● **TO DO**:
Copy all lines containing the string "refl" from the records below.

[Stored data]
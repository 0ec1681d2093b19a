-- ===== src/Codec/Pedit.antt =====
-- What the decoder of a pedit action (src/tc_decode.c) makes of the encoder's keys.
use flower_route.Base.{
  inl, inr, ◌⊎◌, ℕ, ◌^◌, ◌<◌, ◌≡◌, refl, ap, ◌∙◌, some, List, [], ◌∷◌, arith, bit_and, bit_xor,
  ◌++◌, length, ltb,
}
use flower_route.Base.Bits.{bit_and-zero, zero-bit_xor}
use flower_route.Base.Bytes.{load16-bytes16}
use flower_route.Ret.{ok, assert, ◌>>◌}
use flower_route.AfAddr.{af_inet, af_inet6}
use flower_route.TcRule.{TcRule}
use flower_route.TcRule.Have
use flower_route.Netlink.{PeditKey, nested, pedit_parms, Attrs, put, ◌&◌, Mnl}
use flower_route.Netlink.Names
use flower_route.Netlink.Table.{parse_table-fill}
use flower_route.Encode.Actions.{put_u16, set_ex_key, mac_key, ttl_key}
use flower_route.Decode.Actions.{
  KeyEx, add_trait, pedit_loop, decode_key_ex, decode_pedit, tca_pedit_attr_types,
  tca_pedit_key_ex_attr_types,
}

-- A word that a key sets with an empty mask is the key's value.
set_word : (old val : ℕ) → bit_xor (bit_and old 0) val ≡ val
set_word old val = ap (λ n. bit_xor n val) (bit_and-zero old) ∙ zero-bit_xor val

-- The rule after the keys of the encoder's pedit action.
abbrev pub after_pedit : TcRule → TcRule → TcRule
after_pedit tcr rule =
    let mac = record rule { raw0 = tcr.raw0; raw1 = tcr.raw1; raw2 = tcr.raw2 } in
    add_trait Have.ttl_dec
      (add_trait Have.lladdr (add_trait Have.lladdr (add_trait Have.lladdr mac)))

abbrev eth_ex : KeyEx
eth_ex = record { htype = 1; cmd = 0 }

abbrev ttl_ex : ℕ → KeyEx
ttl_ex htype = record { htype = htype; cmd = 1 }

module _ (m : Mnl) where
  decode_key_ex_lem :
      (nkeys cmd htype type : ℕ) (done : List KeyEx)
      → cmd < 2 ^ 16
      → htype < 2 ^ 16
      → decode_key_ex m nkeys type
          (nested
            (put_u16 Names.tca_pedit_key_ex_cmd cmd & put_u16 Names.tca_pedit_key_ex_htype htype))
          done
        ≡ (assert (ltb (length done) nkeys)
            >> ok (done ++ record { htype = htype; cmd = cmd } ∷ []))
  unfolding decode_key_ex
  decode_key_ex_lem nkeys cmd htype type done hc hh =
      rw
        (parse_table-fill m Names.tca_pedit_key_ex_max tca_pedit_key_ex_attr_types
          (put_u16 Names.tca_pedit_key_ex_cmd cmd & put_u16 Names.tca_pedit_key_ex_htype htype)
          (
            (omega arith, refl, m.validate_u16 _ refl),
            ((omega arith, refl, m.validate_u16 _ refl), tt),
          ))
        (rw (load16-bytes16 cmd hc, load16-bytes16 htype hh))

  -- The descriptions of the four keys.
  key_exs :
      (htype : ℕ)
      → htype < 2 ^ 16
      → m.parse
          (decode_key_ex m 4)
          (set_ex_key
            & set_ex_key
            & set_ex_key
            & put Names.tca_pedit_key_ex (
                nested (
                  put_u16 Names.tca_pedit_key_ex_cmd Names.tca_pedit_key_ex_cmd_add
                  & put_u16 Names.tca_pedit_key_ex_htype htype)))
          []
        ≡ ok (eth_ex ∷ eth_ex ∷ eth_ex ∷ ttl_ex htype ∷ [])
  key_exs htype h = rw (m.parse_each (decode_key_ex m 4) _ []) (
      rw (
        decode_key_ex_lem 4 0 1 6 [] (omega arith) (omega arith),
        decode_key_ex_lem 4 0 1 6 (eth_ex ∷ []) (omega arith) (omega arith),
        decode_key_ex_lem 4 0 1 6 (eth_ex ∷ eth_ex ∷ []) (omega arith) (omega arith),
        decode_key_ex_lem 4 1 htype 6 (eth_ex ∷ eth_ex ∷ eth_ex ∷ []) (omega arith) h,
      ))

-- The loop over the four keys, for either family.
module _ (tcr rule : TcRule) where
  four_keys : PeditKey → List PeditKey
  four_keys last = mac_key 0 tcr.raw0 ∷ mac_key 4 tcr.raw1 ∷ mac_key 8 tcr.raw2 ∷ last ∷ []

  pedit_loop_lem :
      (htype : ℕ) (last : PeditKey)
      → (htype ≡ 2) ⊎ (htype ≡ 3)
      → pedit_loop (four_keys last) (eth_ex ∷ eth_ex ∷ eth_ex ∷ ttl_ex htype ∷ []) rule
        ≡ ok (after_pedit tcr rule)
  unfolding pedit_loop four_keys
  pedit_loop_lem htype last (inl e) =
      rw e
        (rw (set_word rule.raw0 tcr.raw0, set_word rule.raw1 tcr.raw1, set_word rule.raw2 tcr.raw2))
  pedit_loop_lem htype last (inr e) =
      rw e
        (rw (set_word rule.raw0 tcr.raw0, set_word rule.raw1 tcr.raw1, set_word rule.raw2 tcr.raw2))

-- The two families that rules are made for.
pub data Family : Type 0 where
  v4 v6 : Family

abbrev pub af_no : Family → ℕ
af_no v4 = af_inet
af_no v6 = af_inet6

abbrev htype_no : Family → ℕ
htype_no v4 = Names.tca_pedit_key_ex_hdr_type_ip4
htype_no v6 = Names.tca_pedit_key_ex_hdr_type_ip6

abbrev htype_attr : Family → Attrs
htype_attr f = put Names.tca_pedit_key_ex (
    nested (
      put_u16 Names.tca_pedit_key_ex_cmd Names.tca_pedit_key_ex_cmd_add
      & put_u16 Names.tca_pedit_key_ex_htype (htype_no f)))

-- What the encoder puts into the pedit action.
abbrev pub pedit_opts : TcRule → Family → Attrs
pedit_opts tcr f =
    put Names.tca_pedit_keys_ex (nested (set_ex_key & set_ex_key & set_ex_key & htype_attr f))
    & put Names.tca_pedit_parms_ex (
        pedit_parms Names.tc_act_pipe
          (mac_key 0 tcr.raw0 ∷ mac_key 4 tcr.raw1 ∷ mac_key 8 tcr.raw2 ∷ ttl_key (af_no f) ∷ []))

htype_cases : (f : Family) → (htype_no f ≡ 2) ⊎ (htype_no f ≡ 3)
htype_cases v4 = inl refl
htype_cases v6 = inr refl

htype_small : (f : Family) → htype_no f < 2 ^ 16
htype_small v4 = omega arith
htype_small v6 = omega arith

module _ (m : Mnl) (tcr : TcRule) where
  pub decode_pedit_lem :
      (f : Family) (rule : TcRule)
      → decode_pedit m (some (nested (pedit_opts tcr f))) rule ≡ ok (after_pedit tcr rule)
  unfolding decode_pedit four_keys
  decode_pedit_lem f rule =
      rw
        (parse_table-fill m Names.tca_pedit_max tca_pedit_attr_types (pedit_opts tcr f) (
          (omega arith, refl, m.validate_binary _),
          ((omega arith, refl, m.validate_binary _), tt),
        ))
        (rw (key_exs m (htype_no f) (htype_small f))
          (pedit_loop_lem tcr rule (htype_no f) (ttl_key (af_no f)) (htype_cases f)))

● **TASK OUTPUT**:
  inl, inr, ◌⊎◌, ℕ, ◌^◌, ◌<◌, ◌≡◌, refl, ap, ◌∙◌, some, List, [], ◌∷◌, arith, bit_and, bit_xor,
            (omega arith, refl, m.validate_u16 _ refl),
            ((omega arith, refl, m.validate_u16 _ refl), tt),
htype_cases v4 = inl refl
htype_cases v6 = inr refl
          (omega arith, refl, m.validate_binary _),
          ((omega arith, refl, m.validate_binary _), tt),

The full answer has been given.